Due eliminazioni e una esclusione dai Mondiali non sono bastate: quando cambieranno sul serio le cose?

di STEFANO RAVAGLIA

 

Il Foggia che rischia la C per aver impiegato un paio di milioni di euro ottenuti in modo poco chiaro. Il Parma che qualche anno fa centra l’Europa League e poi finisce in serie D una volta dato un occhio ai conti. Decine di club tra B e C che non riescono a iscriversi al campionato, e il Milan stesso che chiude perennemente in larga perdita il suo bilancio, così come tante altre squadre di A che non dovrebbero nemmeno giocarci. Se prendiamo i giornali del 2010, del 2014 e di fine 2017, troveremo le stesse, identiche frasi: “piazza pulita”, “rinnovare”, “ripartire dai giovani”, “anno zero”. Eppure, dopo l’eliminazione per mano della Slovacchia, poi della coppia Costa Rica-Uruguay e l’esclusione dal torneo del 2018 per mano della Svezia, l’Italia non è ancora riuscita a ripartire. Se si fa eccezione per qualche struttura ben avviata, qualche realtà invidiabile (l’Atalanta) e il modello Juventus, il calcio di casa nostra annaspa ancora.

Sulla “Gazzetta dello Sport” di oggi, Tavecchio, ex presidente della FIGC, ammette il suo errore più grande. Non dare una riforma strutturale al movimento? Non controllare i bilanci birichini dei club di A? No, non aver aumentato l’ingaggio a Conte, perché “se lo avessi fatto sarebbe rimasto, e saremmo andati al Mondiale”. Una indiretta frecciata anche nei confronti di Ventura: se si sapeva che fosse un CT mediocre, perché non è stato cambiato prima o nemmeno mai preso? Sicuri che il problema sia tutto qui? Come al solito, da noi, è gettonata la soluzione più semplice e meno impegnativa, a discapito di un lavoro di fondo. Grane che si riflettono in ottica Milan: per quanto la sentenza Uefa possa essere stata severa, e per quanto i rossoneri abbiano pagato sempre il suo prezzo alla giustizia sportiva (calcioscommesse 1980, calciopoli 2006), è innegabile che una società che chiude in pesante perdita il bilancio da più anni, dovrebbe rientrare in un serio piano di rinnovamento per permettere non solo di avere l’ok fuori dai confini, ma anche di far crescere il movimento verso l’alto.

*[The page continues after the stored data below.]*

-- ===== src/MutationObserver/Events.antt =====
-- What the filtered stream of an observer delivers.
use rs_query.Base.{
  ℕ, zero, suc, ◌+◌, ◌≤◌, ◌≡◌, refl, sym, ap, subst, ◌∙◌, Bool, true, false, Option, some, List, [],
  ◌∷◌, length, if◌then◌else◌, Bool-cases, inl, inr, arith,
}
use rs_query.Base.Table.{get, put, get-put}
use rs_query.Bus
use rs_query.Bus.{
  RecvState, Received, poll_state, poll_entry, take_value, ok, empty, closed, lagged,
}
use rs_query.MutationCache.{MutationCacheEvent}
use rs_query.MutationObserver.{Next, relevant, on_received, next, event, ended, pending}

module _ (entry_ids : List ℕ) where
  -- What a queue has for the stream, and what is left of the queue.
  abbrev pub delivered : Bool → List MutationCacheEvent → Next
  delivered alive [] = if alive then pending else ended
  delivered alive (e ∷ q) = if relevant entry_ids e then event e else delivered alive q

  abbrev pub left : List MutationCacheEvent → List MutationCacheEvent
  left [] = []
  left (e ∷ q) = if relevant entry_ids e then q else left q

  module _ (id : ℕ) where
    -- A poll gives what the queue has for the stream, and leaves the receiver with the rest.
    abbrev Answers :
        Bool → List MutationCacheEvent → Bus.Shared MutationCacheEvent × Option Next → Type 0
    Answers alive q (s, answer) =
        (r : RecvState MutationCacheEvent) × (answer ≡ some (delivered alive q))
        × (get id s.receivers ≡ some r)
        × (r.queue ≡ left q)
        × (r.missed ≡ 0)

    poll :
        (s : Bus.Shared MutationCacheEvent) (r : RecvState MutationCacheEvent)
        → get id s.receivers ≡ some r
        → let p = poll_entry s.senders_alive true r in
          poll_state true id s ≡ (record s { receivers = put id p.0 s.receivers }, p.1)
    unfolding poll_state
    poll s r h = rw (h, poll_state) refl

    own :
        (r : RecvState MutationCacheEvent) (s : Bus.Shared MutationCacheEvent)
        → get id (put id r s.receivers) ≡ some r
    own r s = ground (arith, get-put id id r s.receivers)

    abbrev receiver : List MutationCacheEvent → Bool → ℕ → Bool → RecvState MutationCacheEvent
    receiver q parked missed alive = record {
      queue = q;
      parked = parked;
      missed = missed;
      alive = alive;
    }

    abbrev step :
        ℕ
        → Bus.Shared MutationCacheEvent × Received MutationCacheEvent
        → Bus.Shared MutationCacheEvent × Option Next
    step fuel = on_received entry_ids id (next entry_ids id fuel)

    closing :
        (fuel : ℕ) (s : Bus.Shared MutationCacheEvent) (parked alive b : Bool)
        → let p = take_value b true (receiver [] parked 0 alive) [] in
          Answers b [] (step fuel (record s { receivers = put id p.0 s.receivers }, p.1))
    unfolding on_received take_value
    closing fuel s parked alive true =
        (receiver [] true 0 alive, refl, own (receiver [] true 0 alive) s, refl, refl)
    closing fuel s parked alive false =
        (receiver [] parked 0 false, refl, own (receiver [] parked 0 false) s, refl, refl)

    taken :
        (fuel : ℕ) (s : Bus.Shared MutationCacheEvent) (v : MutationCacheEvent)
        (q : List MutationCacheEvent) (r : RecvState MutationCacheEvent)
        → get id s.receivers ≡ some r
        → r.queue ≡ q
        → r.missed ≡ 0
        → Answers s.senders_alive q (next entry_ids id fuel s)
        → Answers s.senders_alive (v ∷ q) (step fuel (s, ok v))
    unfolding on_received
    taken fuel s v q r h e m rest = elim (Bool-cases (relevant entry_ids v)) [
      | inl own ↦ rw own (r, refl, h, e, m)
      | inr other ↦ rw other rest
    ]

    caught_up :
        (fuel : ℕ) (s : Bus.Shared MutationCacheEvent) (q : List MutationCacheEvent)
        (parked alive : Bool)
        → get id s.receivers ≡ some (receiver q parked 0 alive)
        → length q + 1 ≤ fuel
        → Answers s.senders_alive q (next entry_ids id fuel s)
    unfolding next poll_entry
    caught_up zero s q parked alive h f = absurd (omega arith)
    caught_up (suc fuel) s [] parked alive h f =
        subst (λ x. Answers s.senders_alive [] (step fuel x))
          (sym (poll s (receiver [] parked 0 alive) h))
          (closing fuel s parked alive s.senders_alive)
    caught_up (suc fuel) s (v ∷ q) parked alive h f =
        let r = receiver q parked 0 alive in
        let s' : Bus.Shared MutationCacheEvent = record s { receivers = put id r s.receivers } in
        subst (λ x. Answers s.senders_alive (v ∷ q) (step fuel x))
          (sym (poll s (receiver (v ∷ q) parked 0 alive) h))
          (taken fuel s' v q r (own r s) refl refl
            (caught_up fuel s' q parked alive (own r s) (omega arith)))

    notice :
        (b : Bool) (q : List MutationCacheEvent) (parked : Bool) (n : ℕ) (alive : Bool)
        → poll_entry b true (receiver q parked (suc n) alive)
          ≡ (receiver q parked 0 alive, lagged (suc n))
    unfolding poll_entry
    notice b q parked n alive = ground arith

    -- A notice of loss comes first.
    lagging :
        (fuel : ℕ) (s : Bus.Shared MutationCacheEvent) (q : List MutationCacheEvent) (parked : Bool)
        (missed : ℕ) (alive : Bool)
        → get id s.receivers ≡ some (receiver q parked missed alive)
        → length q + 2 ≤ fuel
        → Answers s.senders_alive q (next entry_ids id fuel s)
    unfolding next on_received
    lagging zero s q parked missed alive h f = absurd (omega arith)
    lagging (suc fuel) s q parked zero alive h f =
        caught_up (suc fuel) s q parked alive h (omega arith)
    lagging (suc fuel) s q parked (suc n) alive h f =
        let r = receiver q parked 0 alive in
        let s' : Bus.Shared MutationCacheEvent = record s { receivers = put id r s.receivers } in
        subst (λ x. Answers s.senders_alive q (step fuel x))
          (sym (
            poll s (receiver q parked (suc n) alive) h
            ∙ ap (λ p. (record s { receivers = put id p.0 s.receivers }, p.1))
                (notice s.senders_alive q parked n alive)))
          (caught_up fuel s' q parked alive (own r s) (omega arith))

    -- The first event of an observer's own mutations in the queue of its stream, or of those that concern
    -- all, is what the next poll gives, within a turn for each event before it and one each for a notice
    -- of loss and an empty queue; the events before it are dropped, those after it stay. Without one the
    -- poll waits, or ends the stream if the cache is gone.
    pub next_lem :
        (fuel : ℕ) (s : Bus.Shared MutationCacheEvent) (r : RecvState MutationCacheEvent)
        → get id s.receivers ≡ some r
        → length r.queue + 2 ≤ fuel
        → let polled = next entry_ids id fuel s in
          (r' : RecvState MutationCacheEvent) × (polled.1
            ≡ some (delivered s.senders_alive r.queue))
          × (get id polled.0.receivers ≡ some r')
          × (r'.queue ≡ left r.queue)
          × (r'.missed ≡ 0)
    next_lem fuel s r h f = lagging fuel s r.queue r.parked r.missed r.alive h f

Pare “Il Gattopardo” di Tomasi di Lampedusa: tutto cambi, perché nulla possa cambiare. Il calcio italiano spende più di quanto incassa e non ha una Nazionale, seppur volenterosa, che possa competere con federazioni più attrezzate. A poco servono gli sfottò contro i tedeschi: nel 2002, dopo la sconfitta contro il Brasile a Yokohama, hanno saputo rinnovare il loro calcio partendo dalla base e costruendo circa 400 centri di allenamento ed educazione al calcio spendendo 10 milioni di euro l’anno. Ora, dopo una eliminazione al girone  del Mondiale (peraltro già capitata a tante Nazionali nel recente passato) per loro è sufficiente rinnovarsi e cambiare solo due tubi e un lampadario. Dalle nostre parti, c’è ancora da mettere le fondamenta.